In addition to policy charges and fee income, the Company earns revenues from insurance premiums from term life insurance and asset management fees from separate account fund balances. The Company’s operating expenses principally consist of insurance benefits provided, general business expenses, commissions and other costs of selling and servicing the various products we sell and interest credited to policyholders’ account balances.

1. Changes in Financial Position

June 30, 2006 versus December 31, 2005

Total assets increased $837 million, from $29.674 billion at December 31, 2005 to $30.511 billion at June 30, 2006. The largest increase was in separate account assets, which increased $733 million, from $19.094 billion at December 31, 2005 to $19.827 billion at June 30, 2006, this increase was primarily due to market performance and positive net sales in the first six months of 2006. Commercial loans increased $153 million, from $269 million at December 31, 2005, to $422 million at June 30, 2006, during the current period as additional funds were invested in commercial loans.

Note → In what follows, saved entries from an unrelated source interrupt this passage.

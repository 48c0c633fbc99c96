-- ===== src/Session/Sync.antt =====
-- provena-web/src/app/session-sync/route.ts: the handler that verifies an access token with the API
-- and writes the cookies that the gate reads.
pub mod Bearer
pub mod Verified
use Prim.Native.Char.{code}
use Prim.Native.String.{[], ◌∷◌}
use provena.Base.{
  ℕ, ◌+◌, String, Bool, true, false, ◌&&◌, ◌||◌, Option, none, some, List, [], ◌∷◌, ◌++◌, map, ◌==◌,
  nat_eq, string_eq, leb, is_blank, if◌then◌else◌,
}

-- `\s` of a JavaScript pattern.
unfoldable pub is_space : ℕ → Bool
is_space n =
    (leb 9 n && leb n 13)
    || n == 32
    || n == 160
    || n == 0x1680
    || (leb 0x2000 n && leb n 0x200a)
    || n == 0x2028
    || n == 0x2029
    || n == 0x202f
    || n == 0x205f
    || n == 0x3000
    || n == 0xfeff

-- A character against a lower-case letter, with the flag `i`.
pub same_letter : ℕ → ℕ → Bool
same_letter n lower = n == lower || n + 32 == lower

pub drop_spaces : String → String
drop_spaces [] = []
drop_spaces (c ∷ s) = let rest = drop_spaces s in if is_space (code c) then rest else c ∷ s

-- What `\s+` takes: at least one character.
pub after_spaces : String → Option String
unfolding drop_spaces
after_spaces [] = none
after_spaces (c ∷ s) = if is_space (code c) then some (drop_spaces s) else none

pub after_letters : List ℕ → String → Option String
after_letters [] s = some s
after_letters (l ∷ ls) [] = none
after_letters (l ∷ ls) (c ∷ s) =
    let rest = after_letters ls s in if same_letter (code c) l then rest else none

-- `header.replace(/^Bearer\s+/i, '')`
unfoldable pub strip_bearer : String → String
unfolding after_letters after_spaces is_space same_letter
strip_bearer header = elim (after_letters (b'b' ∷ b'e' ∷ b'a' ∷ b'r' ∷ b'e' ∷ b'r' ∷ []) header) [
  | none ↦ header
  | some tail ↦ elim (after_spaces tail) [ none ↦ header | some token ↦ token ]
]

-- `text.replace(':', '')`: the first colon goes.
unfoldable pub without_colon : String → String
without_colon [] = []
without_colon (c ∷ s) = let rest = without_colon s in if code c == b':' then s else c ∷ rest

-- The options of `cookies.set`; `max_age` is in seconds.
pub record CookieOptions : Type 0 where
  pub path : String
  pub max_age : Option ℕ
  pub http_only : Bool
  pub same_site : Option String
  pub secure : Bool

pub record SetCookie : Type 0 where
  pub name : String
  pub value : String
  pub options : CookieOptions
  pub open options use *

-- `NextResponse.json({ ok }, { status })` with the cookies set on it, in order.
pub record Response : Type 0 where
  pub ok : Bool
  pub status : ℕ
  pub cookies : List SetCookie

-- The fields of the profile that the handler reads; either may be missing.
pub record Profile : Type 0 where
  pub role : Option String
  pub totp_enabled : Option Bool

-- How the request to `/auth/me/` can end: it throws (no network, or a body that is no JSON), it
-- answers with an error status, or it answers with a profile.
pub data MeAnswer : Type 0 where
  unreachable : MeAnswer
  not_ok : MeAnswer
  verified : Profile → MeAnswer

pub record Request : Type 0 where
  pub authorization : Option String
  pub x_forwarded_proto : Option String
  pub protocol : String

abbrev pub names : List String
names = "has_session" ∷ "user_role" ∷ "totp_enabled" ∷ []

abbrev pub cleared : CookieOptions
cleared = record {
  path = "/";
  max_age = some 0;
  http_only = false;
  same_site = none;
  secure = false;
}

unfoldable pub clear_on : Response → Response
clear_on res = record res {
  cookies =
      res.cookies ++ map (λ name. record { name = name; value = ""; options = cleared }) names;
}

abbrev pub or_text : Option String → String → String
or_text none text = text
or_text (some s) text = s

unfoldable pub proto : Request → String
unfolding without_colon
proto req = or_text req.x_forwarded_proto (without_colon req.protocol)

abbrev pub kept : Request → CookieOptions
kept req = record {
  path = "/";
  max_age = none;
  http_only = true;
  same_site = some "lax";
  secure = proto req == "https";
}

-- `profile.totp_enabled ? '1' : '0'`
abbrev pub flag_text : Option Bool → String
flag_text (some true) = "1"
flag_text _ = "0"

unfoldable pub accept : Request → Profile → Response
accept req profile = record {
  ok = true;
  status = 200;
  cookies =
      record { name = "has_session"; value = "1"; options = kept req }
      ∷ record { name = "user_role"; value = or_text profile.role ""; options = kept req }
      ∷ record { name = "totp_enabled"; value = flag_text profile.totp_enabled; options = kept req }
      ∷ [];
}

abbrev pub refuse : ℕ → Response
refuse status = record { ok = false; status = status; cookies = [] }

abbrev pub bearer_token : Option String → String
bearer_token none = ""
bearer_token (some header) = strip_bearer header

-- `me` is the API, asked with the token.
unfoldable pub post : (String → MeAnswer) → Request → Response
unfolding clear_on accept
post me req =
    let token = bearer_token req.authorization in
    if is_blank token then clear_on (refuse 401) else elim (me token) [
      | unreachable ↦ clear_on (refuse 502)
      | not_ok ↦ clear_on (refuse 401)
      | verified profile ↦ accept req profile
    ]

unfoldable pub delete : Response
unfolding clear_on
delete = clear_on (record { ok = true; status = 200; cookies = [] })
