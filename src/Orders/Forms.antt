-- ===== src/Orders/Forms.antt =====
-- provena-web/src/app/orders/[reference]/page.tsx, the two forms of the card: raising a dispute, and
-- asking for a return. An event handler is a function on the form's state.
pub mod Quantities
pub mod Lifecycle
use Prim.Native.Char.{code}
use Prim.Native.String
use provena.Base.{
  ℕ, ◌+◌, ◌-◌, String, Bool, true, false, ◌&&◌, ◌||◌, not, Option, none, some, List, [], ◌∷◌, map,
  ◌==◌, string_eq, ltb, leb, any, keep, is_empty, if◌then◌else◌,
}
use provena.Session.Sync.{is_space}
use provena.Types.Order.{OrderItem, SubOrder}
use provena.Orders.Card.{left_of}

-- `!text.trim()`
unfoldable pub blank_trimmed : String → Bool
blank_trimmed String.[] = true
blank_trimmed (String.◌∷◌ c s) = is_space (code c) && blank_trimmed s

-- `err.response?.data?.detail`
abbrev pub or_default : Option String → String → String
or_default none text = text
or_default (some detail) text = detail

pub record DisputeForm : Type 0 where
  pub show_form : Bool
  pub reason : String
  pub dispute_error : Option String

abbrev pub closed : DisputeForm
closed = record { show_form = false; reason = ""; dispute_error = none }

pub data DisputeEvent : Type 0 where
  open_form : DisputeEvent
  type_reason : (value : String) → DisputeEvent
  cancel : DisputeEvent
  succeeded : DisputeEvent
  failed : (detail : Option String) → DisputeEvent

-- `succeeded` and `failed` are the callbacks of the mutation.
unfoldable pub on_dispute : DisputeEvent → DisputeForm → DisputeForm
on_dispute open_form f = record f { show_form = true }
on_dispute (type_reason value) f = record f { reason = value }
on_dispute cancel f = record { show_form = false; reason = ""; dispute_error = none }
on_dispute succeeded f = record { show_form = false; reason = ""; dispute_error = none }
on_dispute (failed detail) f = record f {
  dispute_error = some (or_default detail "Could not raise dispute.");
}

unfoldable pub can_submit_dispute : Bool → DisputeForm → Bool
can_submit_dispute is_pending f = not (blank_trimmed f.reason || is_pending)

-- `returnQty` is a record of JavaScript: its entries in the order in which their keys were added.
pub record ReturnForm : Type 0 where
  pub show_return_form : Bool
  pub return_reason : String
  pub return_qty : List (String × ℕ)
  pub return_error : Option String

abbrev pub no_return : ReturnForm
no_return = record {
  show_return_form = false;
  return_reason = "";
  return_qty = [];
  return_error = none;
}

-- `returnQty[id] ?? 0`
unfoldable pub qty_of : String → List (String × ℕ) → ℕ
qty_of id [] = 0
qty_of id ((key, q) ∷ entries) = if key == id then q else qty_of id entries

-- `{ ...s, [id]: q }`
unfoldable pub put_qty : String → ℕ → List (String × ℕ) → List (String × ℕ)
put_qty id q [] = (id, q) ∷ []
put_qty id q ((key, q') ∷ entries) =
    if key == id then (key, q) ∷ entries else (key, q') ∷ put_qty id q entries

-- `Math.min(a, b)`
abbrev pub smaller : ℕ → ℕ → ℕ
smaller a b = if leb a b then a else b

pub data ReturnEvent : Type 0 where
  open_return : ReturnEvent
  type_return_reason : (value : String) → ReturnEvent
  less more : (item : OrderItem) → ReturnEvent
  cancel_return : ReturnEvent
  return_succeeded : ReturnEvent
  return_failed : (detail : Option String) → ReturnEvent

-- A row of the form, which is there only for an item that may go back and has units left: its
-- greatest quantity.
unfoldable pub row_max : SubOrder → OrderItem → Option ℕ
row_max sub item = if item.is_returnable then left_of sub item else none

-- The two buttons of a row; the minus is disabled at 0 and the plus at the greatest quantity.
unfoldable pub click_less : Option ℕ → String → ReturnForm → ReturnForm
unfolding put_qty qty_of
click_less none id f = f
click_less (some max) id f =
    let qty = qty_of id f.return_qty in
    if leb qty 0 then f else record f { return_qty = put_qty id (qty - 1) f.return_qty }

unfoldable pub click_more : Option ℕ → String → ReturnForm → ReturnForm
unfolding put_qty qty_of
click_more none id f = f
click_more (some max) id f =
    let qty = qty_of id f.return_qty in
    if leb max qty
    then f
    else record f { return_qty = put_qty id (smaller max (qty + 1)) f.return_qty }

unfoldable pub on_return : SubOrder → ReturnEvent → ReturnForm → ReturnForm
on_return sub open_return f = record f { show_return_form = true }
on_return sub (type_return_reason value) f = record f { return_reason = value }
on_return sub (less item) f = click_less (row_max sub item) item.id f
on_return sub (more item) f = click_more (row_max sub item) item.id f
on_return sub cancel_return f = no_return
on_return sub return_succeeded f = no_return
on_return sub (return_failed detail) f = record f {
  return_error = some (or_default detail "Could not submit return request.");
}

unfoldable pub selected_return_items : ReturnForm → List (String × ℕ)
selected_return_items f = keep (λ e. ltb 0 e.1) f.return_qty

unfoldable pub can_return_selected : Bool → ReturnForm → Bool
can_return_selected is_pending f =
    not (blank_trimmed f.return_reason || is_empty (selected_return_items f) || is_pending)

unfoldable pub can_return_everything : Bool → ReturnForm → Bool
can_return_everything is_pending f = not (blank_trimmed f.return_reason || is_pending)
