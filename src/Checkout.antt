-- ===== src/Checkout.antt =====
-- provena-web/src/app/checkout/page.tsx: the checkout, from the shipping form to the payment.
pub mod Placing
pub mod Payment
pub mod Returning
pub mod View
pub mod Discount
use provena.Base.{
  ℕ, String, Bool, true, false, ◌&&◌, ◌||◌, not, Option, none, some, List, [], ◌∷◌, ◌++◌, map,
  is_empty, is_blank, if◌then◌else◌,
}
use provena.Types.Order.{Cart, CartItem, Order, DiscountValidateResult}
use provena.Types.Address.{Address}
use provena.Orders.Card.{is_some}
use provena.Orders.Forms.{blank_trimmed, or_default}

pub record ShippingForm : Type 0 where
  pub name : String
  pub line1 : String
  pub line2 : String
  pub city : String
  pub postcode : String
  pub country : String
  pub notes : String

abbrev pub empty_form : ShippingForm
empty_form = record {
  name = "";
  line1 = "";
  line2 = "";
  city = "";
  postcode = "";
  country = "GB";
  notes = "";
}

-- The state of the page, and whether the mutation that places the order is pending.
pub record Page : Type 0 where
  pub form : ShippingForm
  pub error : Option String
  pub order : Option Order
  pub client_secret : Option String
  pub selected_address_id : Option String
  pub discount_code : String
  pub discount_result : Option DiscountValidateResult
  pub is_pending : Bool

abbrev pub initial : Page
initial = record {
  form = empty_form;
  error = none;
  order = none;
  client_secret = none;
  selected_address_id = none;
  discount_code = "";
  discount_result = none;
  is_pending = false;
}

-- The body of `POST /orders/`; `discount_code` is left out where it is `undefined`.
pub record OrderRequest : Type 0 where
  pub items : List (String × ℕ)
  pub shipping_name : String
  pub shipping_line1 : String
  pub shipping_line2 : String
  pub shipping_city : String
  pub shipping_postcode : String
  pub shipping_country : String
  pub notes : String
  pub discount_code : Option String

abbrev pub cart_items : Option Cart → List CartItem
cart_items none = []
cart_items (some cart) = cart.items

-- `trim` is the text's method.
unfoldable pub order_request : (String → String) → Option Cart → Page → OrderRequest
order_request trim cart p = record {
  items = map (λ i. (i.variant, i.quantity)) (cart_items cart);
  shipping_name = p.form.name;
  shipping_line1 = p.form.line1;
  shipping_line2 = p.form.line2;
  shipping_city = p.form.city;
  shipping_postcode = p.form.postcode;
  shipping_country = p.form.country;
  notes = p.form.notes;
  discount_code = if blank_trimmed p.discount_code then none else some (trim p.discount_code);
}

-- `onChange` of the code, in upper case, and the callback of its validation.
unfoldable pub change_code : (String → String) → String → Page → Page
change_code to_upper_case value p = record p {
  discount_code = to_upper_case value;
  discount_result = none;
}

unfoldable pub on_validated : DiscountValidateResult → Page → Page
on_validated r p = record p { discount_result = some r }

unfoldable pub set_form : ShippingForm → Page → Page
set_form form p = record p { form = form }

unfoldable pub choose_address : Address → Page → Page
choose_address addr p = record p {
  selected_address_id = some addr.id;
  form = record {
    name = addr.full_name;
    line1 = addr.line1;
    line2 = addr.line2;
    city = addr.city;
    postcode = addr.postcode;
    country = addr.country;
    notes = p.form.notes;
  };
}

unfoldable pub enter_other_address : Page → Page
enter_other_address p = record p { selected_address_id = none; form = empty_form }

-- What the two calls of the mutation answer: an order, and the client secret of its payment; an
-- error carries the answer's `detail`.
pub data Answer {ℓ} (A : Type ℓ) : Type ℓ where
  ok : A → Answer A
  err : (detail : Option String) → Answer A

infixl 5 ◌>>=◌
abbrev pub ◌>>=◌ {ℓ κ} : {A : Type ℓ} {B : Type κ} → Answer A → (A → Answer B) → Answer B
ok a >>= f = f a
err detail >>= f = err detail

-- The API, as the page finds it: `place` answers the request and may keep an order of it.
pub record Api {ℓ} (Server : Type ℓ) : Type ℓ where
  pub place_order : OrderRequest → Server → Answer Order × Server
  pub create_payment_intent : String → Server → Answer String × Server

module _ {ℓ} {Server : Type ℓ} (api : Api Server) (trim : String → String) where
  open api use {place_order, create_payment_intent}

  pay_for : Order → Answer String × Server → Answer (Order × String) × Server
  pay_for placed (intent, s) = (do client_secret ← intent; ok (placed, client_secret), s)

  intend : Answer Order × Server → Answer (Order × String) × Server
  unfolding pay_for
  intend (ok placed, s) = pay_for placed (create_payment_intent placed.reference s)
  intend (err detail, s) = (err detail, s)

  -- `mutationFn`
  unfoldable pub place : OrderRequest → Server → Answer (Order × String) × Server
  unfolding intend
  place request s = intend (place_order request s)

  -- `onSuccess` and `onError`
  unfoldable pub on_settled : Answer (Order × String) → Page → Page
  on_settled (ok (placed, secret)) p = record p {
    order = some placed;
    client_secret = some secret;
    is_pending = false;
  }
  on_settled (err detail) p = record p {
    error = some (or_default detail "Something went wrong. Please try again.");
    is_pending = false;
  }

  -- `handleSubmit`, from the click to the end of the mutation. The button is disabled while one is
  -- pending.
  unfoldable pub submit : Option Cart → Page × Server → Page × Server
  unfolding place on_settled
  submit cart (p, s) =
      if p.is_pending
      then (p, s)
      else let sent = record p { error = none; is_pending = true } in
        let (answer, s') = place (order_request trim cart p) s in (on_settled answer sent, s')

pub data Screen : Type 0 where
  login loading_cart empty_cart payment shipping : Screen

abbrev pub truthy : Option String → Bool
truthy none = false
truthy (some text) = not (is_blank text)

-- Which part of the page is rendered. `user` says whether somebody is signed in.
unfoldable pub screen : (cart_loading user : Bool) → Option Cart → Page → Screen
screen cart_loading user cart p =
    if not cart_loading && not user
    then login
    else if cart_loading
    then loading_cart
    else if is_empty (cart_items cart) && not (is_some p.order)
    then empty_cart
    else if truthy p.client_secret && is_some p.order
    then payment
    else shipping
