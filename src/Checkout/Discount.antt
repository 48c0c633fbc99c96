-- ===== src/Checkout/Discount.antt =====
-- The discount code of provena-web/src/app/checkout/page.tsx while its validation is under way.
use provena.Base.{String, false, Option, none, some, ◌≡◌, refl, if◌then◌else◌}
use provena.Types.Order.{Cart, DiscountValidateResult}
use provena.Requests.Ordering.{BuyerCall, validate_discount}
use provena.Orders.Forms.{blank_trimmed}
use provena.Checkout.{Page, order_request, change_code, on_validated}

-- `discountCode.trim() && validateMutation.mutate()`
unfoldable pub validate_call : (String → String) → Page → Option BuyerCall
validate_call trim p =
    if blank_trimmed p.discount_code then none else some (validate_discount (trim p.discount_code))

-- If the code is changed while the validation of another one is under way, the answer is shown beside
-- the new code, and an order then sends the new code, which was never validated.
pub late_validation :
    (trim to_upper_case : String → String) (p : Page) (value : String) (cart : Option Cart)
    (r : DiscountValidateResult)
    → blank_trimmed (to_upper_case value) ≡ false
    → let late = on_validated r (change_code to_upper_case value p) in
      (late.discount_result ≡ some r)
      × (late.discount_code ≡ to_upper_case value)
      × ((order_request trim cart late).discount_code ≡ some (trim (to_upper_case value)))
unfolding change_code on_validated order_request
late_validation trim to_upper_case p value cart r full = (refl, refl, rw full refl)
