-- ===== src/Types/Stock.antt =====
-- provena-web/src/lib/api/types.ts, the section on the inventory.
use provena.Base.{ℕ, String, Bool, Option, ℤ}

pub record StockLevel : Type 0 where
  pub id : String
  pub variant_sku : String
  pub product_name : String
  pub quantity_available : ℕ
  pub quantity_reserved : ℕ
  pub quantity_on_hand : ℕ
  pub low_stock_threshold : ℕ
  pub is_low_stock : Bool
  pub updated_at : String

pub record StockLot : Type 0 where
  pub id : String
  pub lot_number : String
  pub quantity_received : ℕ
  pub quantity_remaining : ℕ
  pub received_at : String
  pub expires_at : Option String
  pub notes : String

pub record StockMovement : Type 0 where
  pub id : String
  pub movement_type : String
  pub movement_type_display : String
  pub quantity : ℤ
  pub quantity_after : ℕ
  pub reference : String
  pub notes : String
  pub performed_by_email : Option String
  pub created_at : String
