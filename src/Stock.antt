-- ===== src/Stock.antt =====
-- provena-web/src/app/supplier/inventory/page.tsx: a supplier's stock, with its two dialogs. Stock/View
-- is what the page shows.
pub mod View
pub mod Rows
use provena.Base.{
  ℕ, ◌+◌, String, Bool, true, false, ◌||◌, not, Option, none, some, List, [], ◌∷◌, ◌++◌, ◌==◌,
  string_eq, nat_eq, is_blank, if◌then◌else◌, ℤ, pos, negsuc, sub_ℕ, keep, length,
}
use provena.Types.Stock.{StockLevel}
use provena.Requests.{Fields, Value, if_given}
use provena.Requests
use provena.Requests.Management.{
  StockCall, get_inventory, set_threshold, receive_stock, adjust_stock,
}

-- The dialogs' fields. A field for a number holds a text.
pub record ReceiveForm : Type 0 where
  pub qty : String
  pub lot : String
  pub expiry : String
  pub notes : String

pub record AdjustForm : Type 0 where
  pub delta : String
  pub notes : String

abbrev pub no_receipt : ReceiveForm
no_receipt = record { qty = ""; lot = ""; expiry = ""; notes = "" }

abbrev pub no_adjustment : AdjustForm
no_adjustment = record { delta = ""; notes = "" }

-- The page; a dialog that is open has the stock level that it was opened for, and its fields.
pub record StockPage : Type 0 where
  pub low_only : Bool
  pub expanded : Option String
  pub receive_modal : Option (StockLevel × ReceiveForm)
  pub adjust_modal : Option (StockLevel × AdjustForm)

abbrev pub initial : StockPage
initial = record { low_only = false; expanded = none; receive_modal = none; adjust_modal = none }

-- `a + b`
unfoldable pub plus : ℕ → ℤ → ℤ
plus a (pos b) = pos (a + b)
plus a (negsuc b) = sub_ℕ a (b + 1)

abbrev pub is_zero_or : ℕ → ℤ → Bool
is_zero_or n (pos m) = m == n
is_zero_or n (negsuc m) = false

-- `expiry || null`
abbrev pub or_null : String → Value
or_null s = if is_blank s then Value.null else Value.text s

-- `Number(text)`, for what a field for whole numbers can hold, is the language's.
module _ (to_number : String → ℤ) where
  unfoldable pub receive_call : StockLevel → ReceiveForm → StockCall
  receive_call stock f = receive_stock stock.id (
      ("quantity", Requests.number (to_number f.qty)) ∷ if_given "lot_number" (some f.lot)
      ++ ("expires_at", or_null f.expiry) ∷ if_given "notes" (some f.notes))

  unfoldable pub adjust_call : StockLevel → AdjustForm → StockCall
  adjust_call stock f =
      adjust_stock stock.id
        (("delta", Requests.number (to_number f.delta)) ∷ ("notes", Requests.text f.notes) ∷ [])

  unfoldable pub preview : StockLevel → AdjustForm → ℤ
  unfolding plus
  preview stock f =
      if is_blank f.delta
      then pos stock.quantity_available
      else plus stock.quantity_available (to_number f.delta)

  -- The field of a row's threshold, when it is left.
  unfoldable pub leave_threshold : StockLevel → String → Option StockCall
  leave_threshold stock value =
      let val = to_number value in
      if is_zero_or stock.low_stock_threshold val then none else some (set_threshold stock.id val)

unfoldable pub receive_disabled : Bool → ReceiveForm → Bool
receive_disabled is_pending f = is_blank f.qty || is_pending

unfoldable pub adjust_disabled : Bool → AdjustForm → Bool
adjust_disabled is_pending f = is_blank f.delta || is_blank f.notes || is_pending

-- What the dialogs' last buttons send: nothing where they are disabled.
module _ (to_number : String → ℤ) (is_pending : Bool) where
  unfoldable pub confirm_receive : Option (StockLevel × ReceiveForm) → Option StockCall
  confirm_receive none = none
  confirm_receive (some (stock, f)) =
      if receive_disabled is_pending f then none else some (receive_call to_number stock f)

  unfoldable pub confirm_adjust : Option (StockLevel × AdjustForm) → Option StockCall
  confirm_adjust none = none
  confirm_adjust (some (stock, f)) =
      if adjust_disabled is_pending f then none else some (adjust_call to_number stock f)

unfoldable pub low_stock_count : List StockLevel → ℕ
low_stock_count inventory = length (keep (λ (s : StockLevel). s.is_low_stock) inventory)

-- `setExpanded(expanded === stock.id ? null : stock.id)`
abbrev pub is_expanded : Option String → String → Bool
is_expanded none id = false
is_expanded (some e) id = e == id

-- The events of the page and of its dialogs. `received` and `adjusted` are the success of their calls.
pub data Event : Type 0 where
  check_low : Bool → Event
  press_row open_receive open_adjust : (stock : StockLevel) → Event
  fill_receive : (ReceiveForm → ReceiveForm) → Event
  fill_adjust : (AdjustForm → AdjustForm) → Event
  close_receive close_adjust received adjusted : Event

abbrev pub fill {ℓ} : {A : Type ℓ} → (A → A) → Option (StockLevel × A) → Option (StockLevel × A)
fill change none = none
fill change (some (stock, f)) = some (stock, change f)

unfoldable pub on_event : Event → StockPage → StockPage
on_event (check_low b) p = record p { low_only = b }
on_event (press_row stock) p = record p {
  expanded = if is_expanded p.expanded stock.id then none else some stock.id;
}
on_event (open_receive stock) p = record p { receive_modal = some (stock, no_receipt) }
on_event (open_adjust stock) p = record p { adjust_modal = some (stock, no_adjustment) }
on_event (fill_receive change) p = record p { receive_modal = fill change p.receive_modal }
on_event (fill_adjust change) p = record p { adjust_modal = fill change p.adjust_modal }
on_event close_receive p = record p { receive_modal = none }
on_event close_adjust p = record p { adjust_modal = none }
on_event received p = record p { receive_modal = none }
on_event adjusted p = record p { adjust_modal = none }

-- `getInventory(showLowStockOnly || undefined)`
unfoldable pub inventory_call : StockPage → StockCall
inventory_call p = get_inventory p.low_only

Fixed maturities decreased by $735 million from $6.158 billion at December 31, 2005 to $5.423 billion at June 30, 2006. The decrease is primarily driven by repayments and prepayments of fixed maturities, as well as sales of fixed maturities to fund the acquisition of commercial loans and to pay down investment-related borrowings, coupled with a decline in the level of unrealized gains resulting from an increasing interest rate environment. Also contributing are scheduled withdrawals and maturities within the GIC business, re-investment in commercial loans, as mentioned above, and a decline in the level of unrealized gains resulting from an increasing interest rate environment, partly offset by investing positive cash flows and reinvestment of investment income.

Deferred policy acquisition costs increased by $126 million from $1.663 billion at December 31, 2005, to $1.789 billion at June 30, 2006, primarily driven by $187 million capitalization of acquisition costs from the continued growth of term sales, partially offset by $118 million of amortization reflecting improved margins and unfavorable fund performance. The shadow DAC decreased $57 million from increased unrealized losses from a rising interest rate environment.

Reinsurance recoverable increased by $159 million, largely as a result of increased ceded reserves held under the PARCC agreement (See Note 5 to the interim consolidated financial statement). Other assets increased by $45 million, driven an increase in investment receivables due to the timing of trade settlements as of June 30, 2006.

Cash and cash equivalents increased by $397 million, from $158 million at December 31, 2005 to $555 million at June 30, 2006, due to the accumulated portfolio cash flows partially offset by repayments of short term debt.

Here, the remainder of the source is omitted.